-- ===== src/Serve/Settling.antt =====
-- `SettlingEpisode` and `SettlingCeilingState` (src/main.rs).
pub mod Bounds
use ez_gh_actions.Base.{
  ℕ, ◌+◌, ◌-◌, Bool, true, false, ◌||◌, Option, none, some, ltb, leb, if◌then◌else◌, max, min,
  saturating_add, unwrap_or, u32_max,
}
use ez_gh_actions.Serve.Durations.{from_secs, add_u32, min_serve_tick_seconds, Config, serve_tick}

abbrev pub max_settling_polls : ℕ
max_settling_polls = 5

abbrev pub max_settling_duration : ℕ
max_settling_duration = from_secs 25

pub data SettlingDecision : Type 0 where
  continue recovered ceiling : SettlingDecision

pub record SettlingEpisode : Type 0 where
  pub started_at : Option ℕ
  pub attempts : ℕ
  pub best_executing : ℕ
  pub stagnant_polls : ℕ

abbrev pub start : ℕ → ℕ → SettlingEpisode
start now executing = record {
  started_at = some now;
  attempts = 0;
  best_executing = executing;
  stagnant_polls = 0;
}

abbrev ended : SettlingEpisode → SettlingEpisode
ended self = record self { started_at = none }

-- the best count and the polls without progress
unfoldable pub progress : ℕ → SettlingEpisode → SettlingEpisode
progress executing self =
    if ltb self.best_executing executing
    then record self { best_executing = executing; stagnant_polls = 0 }
    else record self { stagnant_polls = add_u32 self.stagnant_polls 1 }

-- `observe` on an episode that was started at `started_at`, after `attempts += 1`
unfoldable pub observe_active : ℕ → ℕ → ℕ → ℕ → SettlingEpisode → SettlingDecision × SettlingEpisode
observe_active started_at now executing target self =
    if leb target executing
    then (recovered, ended self)
    else if ltb executing self.best_executing
    then (ceiling, ended self)
    else (let self' = progress executing self in
        if leb max_settling_polls self'.attempts || leb max_settling_duration (now - started_at)
        then (ceiling, ended self')
        else (continue, self'))

unfoldable pub observe : ℕ → ℕ → ℕ → SettlingEpisode → SettlingDecision × SettlingEpisode
observe now executing target self = elim self.started_at [
  | none ↦ (ceiling, self)
  | some started_at ↦
      observe_active started_at now executing target
        (record self { attempts = add_u32 self.attempts 1 })
]

-- how long to sleep, and whether to run the monitors
unfoldable pub settling_plan : Config → SettlingDecision → ℕ × Bool
settling_plan cfg continue = (from_secs min_serve_tick_seconds, false)
settling_plan cfg recovered = (serve_tick cfg, true)
settling_plan cfg ceiling = (0, false)

unfoldable pub apply_local_settling_decision :
    SettlingDecision → Option SettlingEpisode × Bool → Option SettlingEpisode × Bool
apply_local_settling_decision continue s = s
apply_local_settling_decision recovered s = (none, false)
apply_local_settling_decision ceiling s = (none, true)

abbrev pub settling_ceiling_min_sustain : ℕ
settling_ceiling_min_sustain = from_secs 600

pub record SettlingCeilingState : Type 0 where
  pub consecutive_ceilings : ℕ
  pub shortfall_since : Option ℕ

abbrev pub record_recovery : SettlingCeilingState
record_recovery = record { consecutive_ceilings = 0; shortfall_since = none }

-- `u32::saturating_add`
abbrev saturating_add_u32 : ℕ → ℕ → ℕ
saturating_add_u32 a b = min (a + b) u32_max

-- whether the alert is sent, and the state
unfoldable pub record_settling_ceiling_at :
    Config → ℕ → SettlingCeilingState → Bool × SettlingCeilingState
record_settling_ceiling_at cfg now state =
    let since = unwrap_or state.shortfall_since now in
    let state' = record state { shortfall_since = some since } in
    if ltb (now - since) settling_ceiling_min_sustain
    then (false, state')
    else (let counted = record state' {
      consecutive_ceilings = saturating_add_u32 state'.consecutive_ceilings 1;
    } in
        if ltb counted.consecutive_ceilings (max cfg.failure_alert_threshold 1)
        then (false, counted)
        else (true, counted))
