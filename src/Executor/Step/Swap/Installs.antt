-- ===== src/Executor/Step/Swap/Installs.antt =====
-- What descriptors 0, 1 and 2 are after they are installed.
use vproc.Prelude.{
  ℕ, ◌≡◌, sym, ap, ◌∙◌, false, Option, some, arith, if◌then◌else◌, ◌+◌, Bool-cases, Option-cases,
  inl, inr,
}
use vproc.Prelude.Int.{ℤ, pos, ◌==ℤ◌, ==ℤ_iff, is_negative}
use vproc.Executor.Step.Swap.{raw_dup3, install_one, install_fds}

-- `dup3` as documented: where it succeeds, the new descriptor refers to the open file of the old one,
-- and no other descriptor changes.
abbrev pub IsDup3 {ℓ} : {K : Type ℓ} → (ℤ → ℤ → K → ℤ × K) → (ℤ → K → Option ℕ) → Type ℓ
IsDup3 {K = K} dup3 open_file =
    (old_fd new_fd : ℤ) (k : K)
    → is_negative (dup3 old_fd new_fd k).0 ≡ false
    → (other : ℤ)
    → open_file other (dup3 old_fd new_fd k).1
      ≡ (if new_fd ==ℤ other then open_file old_fd k else open_file other k)

module _ {ℓ} {K : Type ℓ} (dup3 : ℤ → ℤ → K → ℤ × K) (open_file : ℤ → K → Option ℕ)
    (law : IsDup3 dup3 open_file) where
  install_one_reads :
      (fd to : ℤ) (k k' : K)
      → is_negative fd ≡ false
      → install_one dup3 fd to k ≡ some k'
      → (other : ℤ)
      → open_file other k' ≡ (if to ==ℤ other then open_file fd k else open_file other k)
  unfolding install_one raw_dup3
  install_one_reads fd to k k' h e other = elim (Bool-cases (fd ==ℤ to)) [
    | inl same ↦ ground (arith, (==ℤ_iff fd to).0 same)
    | inr moved ↦
        let fine : is_negative (dup3 fd to k).0 ≡ false = ground arith in
        let now : (dup3 fd to k).1 ≡ k' = ground arith in
        ap (open_file other) (sym now) ∙ law fd to k fine other
  ]

  -- Where installing three real descriptors succeeds, descriptor 0 refers to the open file of the first;
  -- 1 to that of the second, or of the first where the second is 0 itself, which has been replaced
  -- by then; 2 likewise; and no other descriptor changes.
  pub install_fds_lem :
      (fd0 fd1 fd2 : ℤ) (k k' : K)
      → is_negative fd0 ≡ false
      → is_negative fd1 ≡ false
      → is_negative fd2 ≡ false
      → install_fds dup3 (fd0, fd1, fd2) k ≡ some k'
      → let second = (if fd1 ==ℤ pos 0 then fd0 else fd1) in
        let third = (if fd2 ==ℤ pos 0 then fd0 else (if fd2 ==ℤ pos 1 then second else fd2)) in
        (open_file (pos 0) k' ≡ open_file fd0 k)
        × (open_file (pos 1) k' ≡ open_file second k)
        × (open_file (pos 2) k' ≡ open_file third k)
        × ((n : ℕ) → open_file (pos (3 + n)) k' ≡ open_file (pos (3 + n)) k)
  unfolding install_fds
  install_fds_lem fd0 fd1 fd2 k k' h0 h1 h2 e =
      elim (Option-cases (install_one dup3 fd0 (pos 0) k)) [
        | inl failed ↦ absurd (ground arith)
        | inr (k0, first) ↦ elim (Option-cases (install_one dup3 fd1 (pos 1) k0)) [
          | inl failed ↦ absurd (ground arith)
          | inr (k1, next) ↦
              let third : install_one dup3 fd2 (pos 2) k1 ≡ some k' = ground arith in
              let a = install_one_reads fd0 (pos 0) k k0 h0 first in
              let b = install_one_reads fd1 (pos 1) k0 k1 h1 next in
              let c = install_one_reads fd2 (pos 2) k1 k' h2 third in
              (
                c (pos 0) ∙ b (pos 0) ∙ a (pos 0),
                ground (arith, c (pos 1), b (pos 1), a fd1, ==ℤ_iff fd1 (pos 0)),
                ground (
                  arith,
                  c (pos 2),
                  b fd2,
                  a fd2,
                  a fd1,
                  ==ℤ_iff fd1 (pos 0),
                  ==ℤ_iff fd2 (pos 0),
                  ==ℤ_iff fd2 (pos 1),
                ),
                λ n. ground (arith, c (pos (3 + n)), b (pos (3 + n)), a (pos (3 + n))),
              )
        ]
      ]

=======

Reply by stating only how many lines in the listing hold the word "progress".

## Answer for the task
4